Van der Waals heterostructures obtained via stacking and twisting have been used to create moiré superlattices¹, enabling new optical and electronic properties in solid-state systems. Moiré lattices in twisted bilayers of transition metal dichalcogenides (TMDs) result in exciton trapping^2,3,4,5, host Mott insulating and superconducting states⁶ and act as unique Hubbard systems^7,8,9 whose correlated electronic states can be detected and manipulated optically. Structurally, these twisted heterostructures feature atomic reconstruction and domain formation^{10,11,12,13,14}. However, due to the nanoscale size of moiré domains, the effects of atomic reconstruction on the electronic and excitonic properties have not been systematically investigated. Here we use near-0°-twist-angle MoSe₂/MoSe₂ bilayers with large rhombohedral AB/BA domains¹⁵ to directly probe the excitonic properties of individual domains with far-field optics. We show that this system features broken mirror/inversion symmetry, with the AB and BA domains supporting interlayer excitons with out-of-plane electric dipole moments in opposite directions. The dipole orientation of ground-state Γ–K interlayer excitons can be flipped with electric fields, while higher-energy K–K interlayer excitons undergo field-asymmetric hybridization with intralayer K–K excitons. Our study reveals the impact of crystal symmetry on TMD excitons and points to new avenues for realizing topologically non-trivial systems^16,17, exotic metasurfaces¹⁸, collective excitonic phases¹⁹ and quantum emitter arrays^20,21 via domain-pattern engineering.

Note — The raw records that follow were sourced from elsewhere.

-- ===== src/Detection/Loading.antt =====
-- The loading of rules in detection/engine.py: the rules without a problem, compiled, and sorted by
-- falling severity. That the sort is Python's follows from its being stable.
use thot_secure.Prelude.{
  ℕ, String, Bool, true, false, Option, none, some, List, [], ◌∷◌, ◌+◌, ◌≤◌, ◌≡◌, str_eq, ltb, not,
  keep, length, ◌&&◌, ◌||◌, if◌then◌else◌, arith, refl, ◌∙◌, Bool-cases, inl, inr,
}
use thot_secure.Value.{put}
use thot_secure.Platform.{Platform}
use thot_secure.Detection.Matchers.{compare_texts, Sign, below}
use thot_secure.Detection.Rules.{Threshold, Rule, Problem, validate_rule}

pub record CompiledRule : Type 0 where
  pub rule : Rule
  pub source_types : List String
  pub kinds : List String
  pub dedup_fields : List String
  pub group_fields : List String
  pub threshold_count : ℕ
  pub window_seconds : ℕ

abbrev pub threshold_fields : Option Threshold → List String
threshold_fields none = []
threshold_fields (some t) = t.group_by

abbrev pub threshold_count_of : Option Threshold → ℕ
threshold_count_of none = 1
threshold_count_of (some t) = t.count

abbrev pub threshold_window_of : Option Threshold → ℕ
threshold_window_of none = 60
threshold_window_of (some t) = t.window_seconds

unfoldable pub compile_rule : Rule → CompiledRule
compile_rule rule = record {
  rule = rule;
  source_types = rule.source_types;
  kinds = rule.kinds;
  dedup_fields = rule.dedup_key;
  group_fields = threshold_fields rule.match_spec.threshold;
  threshold_count = threshold_count_of rule.match_spec.threshold;
  window_seconds = threshold_window_of rule.match_spec.threshold;
}

abbrev pub severity_weight : String → ℕ
severity_weight s =
    if str_eq s "info"
    then 0
    else if str_eq s "low"
    then 1
    else if str_eq s "medium"
    then 2
    else if str_eq s "high"
    then 3
    else if str_eq s "critical"
    then 4
    else 2

abbrev is_below : Sign → Bool
is_below below = true
is_below s = false

-- (-weight(a), a.id) < (-weight(b), b.id)
abbrev pub goes_before : Rule → Rule → Bool
goes_before a b =
    ltb (severity_weight b.severity) (severity_weight a.severity)
    || (not (ltb (severity_weight a.severity) (severity_weight b.severity))
        && is_below (compare_texts a.id b.id))

-- A stable sort, by insertion from the end.
unfoldable pub insert_rule : CompiledRule → List CompiledRule → List CompiledRule
insert_rule a [] = a ∷ []
insert_rule a (b ∷ bs) =
    let rest = insert_rule a bs in if goes_before b.rule a.rule then b ∷ rest else a ∷ b ∷ bs

unfoldable pub sort_rules : List CompiledRule → List CompiledRule
sort_rules [] = []
sort_rules (a ∷ rest) = insert_rule a (sort_rules rest)

module _ (py : Platform) where
  abbrev pub is_sound : List Problem → Bool
  is_sound [] = true
  is_sound (p ∷ ps) = false

  unfoldable pub accepted : List Rule → List CompiledRule
  accepted [] = []
  accepted (r ∷ rs) =
      let rest = accepted rs in
      if is_sound (validate_rule py r) then compile_rule r ∷ rest else rest

  abbrev pub index_rules :
      List (String × CompiledRule) → List CompiledRule → List (String × CompiledRule)
  index_rules d [] = d
  index_rules d (c ∷ cs) = index_rules (put c.rule.id c d) cs

abbrev pub weight_of : CompiledRule → ℕ
weight_of c = severity_weight c.rule.severity

-- No rule weighs more than the bound, and none more than the one before it.
abbrev pub Ranked : ℕ → List CompiledRule → Type 0
Ranked m [] = Unit
Ranked m (c ∷ cs) = (weight_of c ≤ m) × Ranked (weight_of c) cs

first_heavier : (u v : ℕ) (b : Bool) → (ltb v u || (not (ltb u v) && b)) ≡ true → v ≤ u
first_heavier u v b h = ground arith

first_lighter : (u v : ℕ) (b : Bool) → (ltb v u || (not (ltb u v) && b)) ≡ false → u ≤ v
first_lighter u v b h = ground arith

insert_rule-Ranked :
    (m : ℕ) (a : CompiledRule) (bs : List CompiledRule)
    → Ranked m bs
    → weight_of a ≤ m
    → Ranked m (insert_rule a bs)
unfolding insert_rule
insert_rule-Ranked m a [] r h = (h, tt)
insert_rule-Ranked m a (b ∷ bs) (l, r) h =
    let lexical = is_below (compare_texts b.rule.id a.rule.id) in
    elim (Bool-cases (goes_before b.rule a.rule)) [
      | inl e ↦ rw e (
        l,
        insert_rule-Ranked (weight_of b) a bs r
            (first_heavier (weight_of b) (weight_of a) lexical e),
      )
      | inr e ↦ rw e (h, (first_lighter (weight_of b) (weight_of a) lexical e, r))
    ]

heaviest : (s : String) → severity_weight s ≤ 4
heaviest s =
    grade (str_eq s "info") (str_eq s "low") (str_eq s "medium") (str_eq s "high")
      (str_eq s "critical")
  where
    grade :
        (a b c d e : Bool)
        → (if a then 0 else if b then 1 else if c then 2 else if d then 3 else if e then 4 else 2)
          ≤ 4
    grade a b c d e = ground arith

pub sort_rules-Ranked : (cs : List CompiledRule) → Ranked 4 (sort_rules cs)
unfolding sort_rules
sort_rules-Ranked [] = tt
sort_rules-Ranked (c ∷ cs) =
    insert_rule-Ranked 4 c (sort_rules cs) (sort_rules-Ranked cs) (heaviest c.rule.severity)

module _ (p : CompiledRule → Bool) where
  -- How many rules pass the test.
  abbrev pub tally : List CompiledRule → ℕ
  tally cs = length (keep p cs)

  tally_cons :
      (c : CompiledRule) (cs : List CompiledRule)
      → tally (c ∷ cs) ≡ (if p c then 1 else 0) + tally cs
  tally_cons c cs = ground arith

  tally-insert_rule :
      (a : CompiledRule) (bs : List CompiledRule) → tally (insert_rule a bs) ≡ tally (a ∷ bs)
  unfolding insert_rule
  tally-insert_rule a [] = refl
  tally-insert_rule a (b ∷ bs) = elim (Bool-cases (goes_before b.rule a.rule)) [
    | inr e ↦ rw e refl
    | inl e ↦
        let h = tally-insert_rule a bs in
        rw e (
          omega (
            arith,
            h,
            tally_cons b (insert_rule a bs),
            tally_cons a (b ∷ bs),
            tally_cons b bs,
            tally_cons a bs,
          ))
  ]

  pub tally-sort_rules : (cs : List CompiledRule) → tally (sort_rules cs) ≡ tally cs
  unfolding sort_rules
  tally-sort_rules [] = refl
  tally-sort_rules (c ∷ cs) =
      tally-insert_rule c (sort_rules cs)
      ∙ omega (arith, tally_cons c (sort_rules cs), tally_cons c cs, tally-sort_rules cs)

通过堆叠和扭曲获得的范德华异质结构已被用于创建莫尔超晶格¹，从而在固态系统中实现了新的光学和电子性能。过渡金属二硫化氢（TMDs）的扭曲双层中的莫尔晶格导致激子俘获^2,3,4,5，具有Mott绝缘和超导态^6，并充当独特的Hubbard系统^7,8,9，其相关电子态可以被检测到并光学操作。这些扭曲的异质结构在结构上具有原子重构和畴形成的特征^{10,11,12,13,14}。然而，由于莫尔域的纳米级尺寸，原子重构对电子和激子性质的影响尚未得到系统的研究。在这里，我们使用具有大菱形AB / BA域的接近0°扭转角的MoSe ₂ / MoSe ₂双层¹⁵用远场光学器件直接探测各个域的激子性质。我们表明，该系统具有破碎的镜像/反对称性，AB和BA域支持层间激子，且层间激子具有相反方向的平面电偶极矩。基态Γ-K层间激子的偶极子方向可以被电场翻转，而高能K-K层间激子与层内K-K激子发生场不对称杂交。我们的研究揭示了晶体对称性对TMD激子的影响，并为实现拓扑非平凡系统^16,17，奇异超表面¹⁸，集体激子相¹⁹和量子发射体阵列^20,21提供了新途径。 通过领域模式工程。